In his post-Cold War novels, le Carré has been given to a moral stridency that is of a kind, if not a degree, with Rushdie’s polemics. Ironically, the two le Carré novels that occasioned the greatest political backlash were among his least strident: The Little Drummer Girl, one of le Carré’s most morally conflicted works, and The Tailor of Panama, a parody of Graham Greene that approached farce in its excoriation of the easiest of targets: British and American politicians. Outcries at the latter provoked the response from le Carré that had been simmering since the mixed reception of the former.
It was not the lampoon of American pseudo-colonialism and corrupt British Intelligence in Tailor that raised hackles—it was the tailor himself, Harry Pendel, an English ex-patriate with plausibly intimate access to Panamanian power brokers and who just happens to be Jewish. When a corrupt and conniving agent of British Intelligence exhorts and extorts Pendel into fabricating a non-existent threat to the Canal and an equally non-existent insurgency that will, if properly funded, repel the threat, le Carré was accused of indulging in the anti-Semitic stereotype of the Jewish swindler. While this charge is easily dismissed by even a cursory reading of Tailor—the British agent is the true scoundrel—le Carré’s accusers recalled as supporting evidence the harsh criticism of The Little Drummer Girl 13 years earlier, which equated that novel’s less-than-Manichean view of the Israeli-Palestinian conflict with anti-Semitism.

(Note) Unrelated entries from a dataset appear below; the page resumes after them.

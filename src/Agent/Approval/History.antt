-- ===== src/Agent/Approval/History.antt =====
-- Whatever sequence of decisions, expiries and replacements meets an approval
-- (app/services/agent_approval_service.py).
use test_platform_backend.Prelude.{
  ℕ, String, ◌≡◌, ◌≢◌, ◌↔◌, inl, inr, refl, true, Option, some, arith, is_some, ap, ◌∙◌, sym,
}
use mathlib.Core.Path.{subst}
use mathlib.Core.Option
use test_platform_backend.Session.{ok, request}
use test_platform_backend.Permission.{User, Access}
use test_platform_backend.Agent.Model.{
  AgentToolCall, AgentApproval, AgentApprovalLineage, ApprovalStatus,
}
use test_platform_backend.Agent.Policy.{ensure_approval_allows_execution}
use test_platform_backend.Agent.Approval.Desk.{Desk, ApprovalDecision}
use test_platform_backend.Agent.Approval.Decide.{
  Locked, approve, reject, expire_approval, approve_rows, reject_rows, mark_expired_locked,
}
use test_platform_backend.Agent.Approval.Create.{
  Fresh, Replacement, ToolSpec, supersede_with_replacement, supersede_rows,
}
use test_platform_backend.Agent.Approval.Outcome.{
  core, locked_rows, approve-Ends, reject-Ends, expire_approval-cases, supersede-cases,
}
use test_platform_backend.Agent.Approval.Links.{
  Links, IsLinked, IsLinked-of_core, locked_of_IsLinked, mark_expired_locked-IsLinked,
  approve_rows-IsLinked, reject_rows-IsLinked, supersede_rows-IsLinked,
}

-- One request against the database, whoever makes it and however it ends.
pub data Step (d : Desk) : Desk → Type 0 where
  approving :
      (u : User) (access : Access) (p : ApprovalDecision) (now fresh : ℕ)
      → Step d (request (approve u access p now fresh) d).1
  rejecting :
      (u : User) (access : Access) (p : ApprovalDecision) (now : ℕ)
      → Step d (request (reject u access p now) d).1
  expiring : (now : ℕ) → Step d (request (expire_approval now) d).1
  superseding :
      (u : User) (access : Access) (r : Replacement) (reason : Option String) (f : Fresh) (now : ℕ)
      → Step d (request (supersede_with_replacement u access r reason f now) d).1

pub data Reach (d : Desk) : Desk → Type 0 where
  here : Reach d d
  next : {e f : Desk} → Reach d e → Step e f → Reach d f

-- The ways in which a request changes the rows.
data Change (k : Locked) (d : Desk) : Desk → Type 0 where
  same : {e : Desk} → core e ≡ core (locked_rows k d) → Change k d e
  expired :
      {e : Desk} (now : ℕ)
      → core e ≡ core (mark_expired_locked k.approval k.lineage k.call now (locked_rows k d))
      → k.approval.approval_status ≡ ApprovalStatus.pending
      → Change k d e
  approved :
      {e : Desk} (u : User) (p : ApprovalDecision) (now fresh : ℕ)
      → e ≡ approve_rows u p now fresh k (locked_rows k d)
      → k.approval.approval_status ≡ ApprovalStatus.pending
      → Change k d e
  rejected :
      {e : Desk} (u : User) (p : ApprovalDecision) (now : ℕ)
      → e ≡ reject_rows u p now k (locked_rows k d)
      → k.approval.approval_status ≡ ApprovalStatus.pending
      → Change k d e
  replaced :
      {e : Desk} (r : Replacement) (spec : ToolSpec) (u : User) (reason : Option String) (f : Fresh)
      (now : ℕ)
      → e
        ≡ supersede_rows k.lineage k.call k.approval k.journal r spec u reason f now
            (locked_rows k d)
      → k.approval.approval_status ≡ ApprovalStatus.pending
      → Change k d e

Change-of_Step : (k : Locked) (d e : Desk) → Step (locked_rows k d) e → Change k d e
Change-of_Step k d e (approving u access p now fresh) =
    elim (approve-Ends u access p now fresh k d) [
      | inl (_, after, decidable) ↦ approved u p now fresh after decidable.valid.pending
      | inr (inl (_, kept)) ↦ same kept
      | inr (inr (_, marked, pending, _)) ↦ expired now marked pending
    ]
Change-of_Step k d e (rejecting u access p now) = elim (reject-Ends u access p now k d) [
  | inl (_, after, decidable) ↦ rejected u p now after decidable.valid.pending
  | inr (inl (_, kept)) ↦ same kept
  | inr (inr (_, marked, pending, _)) ↦ expired now marked pending
]
Change-of_Step k d e (expiring now) = elim (expire_approval-cases now k d) [
  | inl kept ↦ same kept
  | inr (marked, pending, _) ↦ expired now marked pending
]
Change-of_Step k d e (superseding u access r reason f now) =
    elim (supersede-cases u access r reason f now k d) [
      | inl (_, kept) ↦ same (ap core kept)
      | inr (spec, _, _, after, checks) ↦ replaced r spec u reason f now after checks.pending
    ]

Change-IsLinked :
    {k : Locked} {d e : Desk} → Links k.lineage k.call k.approval → Change k d e → IsLinked e
Change-IsLinked {k} {d} {e} h (same kept) = IsLinked-of_core e (locked_rows k d) kept (refl, h)
Change-IsLinked {k} {d} {e} h (expired now marked pending) =
    IsLinked-of_core e _ marked (mark_expired_locked-IsLinked k d h now pending)
Change-IsLinked {k} {d} {e} h (approved u p now fresh after pending) =
    rw after (approve_rows-IsLinked k d h u p now fresh)
Change-IsLinked {k} {d} {e} h (rejected u p now after pending) =
    rw after (reject_rows-IsLinked k d h u p now pending)
Change-IsLinked {k} {d} {e} h (replaced r spec u reason f now after pending) =
    rw after (supersede_rows-IsLinked k d h r spec u reason f now)

Step-IsLinked : {d e : Desk} → IsLinked d → Step d e → IsLinked e
Step-IsLinked {d} {e} h st =
    let (k, rows, links) = locked_of_IsLinked d h in
    Change-IsLinked links (Change-of_Step k d e (subst (λ x. Step x e) rows st))

-- Whatever requests follow, the lineage, its call and its approval stay linked: they agree on
-- their ids, on the epoch, on the content approved, and the call names the approval exactly when
-- it is approved.
pub Reach-IsLinked : {d e : Desk} → IsLinked d → Reach d e → IsLinked e
Reach-IsLinked h here = h
Reach-IsLinked h (next r st) = Step-IsLinked (Reach-IsLinked h r) st

Change-decided :
    {k : Locked} {d e : Desk}
    → k.approval.approval_status ≢ ApprovalStatus.pending
    → Change k d e
    → core e ≡ core (locked_rows k d)
Change-decided decided (same kept) = kept
Change-decided decided (expired now marked pending) = absurd (decided pending)
Change-decided decided (approved u p now fresh after pending) = absurd (decided pending)
Change-decided decided (rejected u p now after pending) = absurd (decided pending)
Change-decided decided (replaced r spec u reason f now after pending) = absurd (decided pending)

-- The status of the approval, none if the row is missing.
abbrev pub status_of : Desk → Option ApprovalStatus
status_of d = Option.map (λ a. a.approval_status) d.approval

Step-decided :
    {d e : Desk}
    → IsLinked d
    → status_of d ≢ some ApprovalStatus.pending
    → Step d e
    → core e ≡ core d
Step-decided {d} {e} h decided st =
    let (k, rows, links) = locked_of_IsLinked d h in
    Change-decided (λ pending. decided (ap status_of rows ∙ ap some pending))
      (Change-of_Step k d e (subst (λ x. Step x e) rows st))
    ∙ sym (ap core rows)

-- A decision is final: once an approval is no longer pending, no sequence of requests to approve,
-- reject, expire or replace it changes the lineage, the call, the approval, the queue or the
-- mutation log. Only events may be added.
pub Reach-decided :
    {d e : Desk}
    → IsLinked d
    → status_of d ≢ some ApprovalStatus.pending
    → Reach d e
    → core e ≡ core d
Reach-decided h decided here = refl
Reach-decided {d} {e} h decided (next {e = m} r st) =
    let kept = Reach-decided h decided r in
    Step-decided (Reach-IsLinked h r)
      (λ pending.
        decided (
          ap (λ c. Option.map (λ (a : AgentApproval). a.approval_status) c.3) (sym kept) ∙ pending))
      st
    ∙ kept

Links-guard :
    (l : AgentApprovalLineage) (c : AgentToolCall) (a : AgentApproval)
    → Links l c a
    → is_some c.approval_scope_hash ≡ true
    → (ensure_approval_allows_execution c (some a) ≡ ok tt)
      ↔ (a.approval_status ≡ ApprovalStatus.approved)
unfolding ensure_approval_allows_execution
Links-guard l c a h scoped = (λ passed. ground arith, λ status. ground arith)

-- After any requests, the execution guard lets the call through, with its current approval,
-- exactly if that approval is approved; the call's scope hash is there, as in every call made.
pub Reach-guard :
    {d e : Desk} (l : AgentApprovalLineage) (c : AgentToolCall) (a : AgentApproval)
    → IsLinked d
    → Reach d e
    → e.lineage ≡ some l
    → e.call ≡ some c
    → e.approval ≡ some a
    → is_some c.approval_scope_hash ≡ true
    → (ensure_approval_allows_execution c (some a) ≡ ok tt)
      ↔ (a.approval_status ≡ ApprovalStatus.approved)
Reach-guard {d} {e} l c a h r rl rc ra scoped =
    let linked = Reach-IsLinked h r in Links-guard l c a (rw (rl, rc, ra) at (linked.1)) scoped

Le Carré denounced such defamation, and when Rushdie publicly inquired whether le Carré—now that he himself had been exposed to the censorious tendencies of religious zealots—might care to retract his condemnation of Rushdie, le Carré rejected the analogy and reiterated his opposition to publication that results in the loss of innocent lives.
Finally, it could be argued that timeliness is the guiding principle for le Carré (or his publisher) and that, post-Good Friday, intrigue in Northern Ireland won’t sell. Perhaps the Cold War was too kind to le Carré after all, such that in the 70s when passions and politics in Ulster were running their hottest, he had too good of a thing going with George Smiley to attend to Bloody Sunday. Clearly, le Carré would rather have impugned Thatcher’s Ulster policy than Blair’s.
It remains curious that none of le Carré’s characters or novels have had occasion to reflect on the (in)justice of continued British rule over the six northern counties of Ireland or the methods which various factions have used to resist or preserve that rule. It is telling that The Night Manager—le Carré’s first post-Cold War novel, prompting many to wonder to which task he might next set his hand—explicitly equated the Ulster conflict with a laundry list of nationalist, religious, and criminal insurgencies around the globe, all of which had been abetted by profit-driven arms dealers and their governmental patrons. He made the analogy of arms trafficking with drug trafficking, obscuring insurgents’ grievances in favor of addiction theory. The culpability of the arms industry is hardly controversial, and that industry’s corrupting influence upon Western governments not much more so. What is lacking is the journey, perhaps by an Englishman of undefined idealism, through the worlds of the Unionist and Republican paramilitaries, their political sponsors, and above all the suffering residents of Northern Ireland that le Carré could surely give us, but which he has so far refused.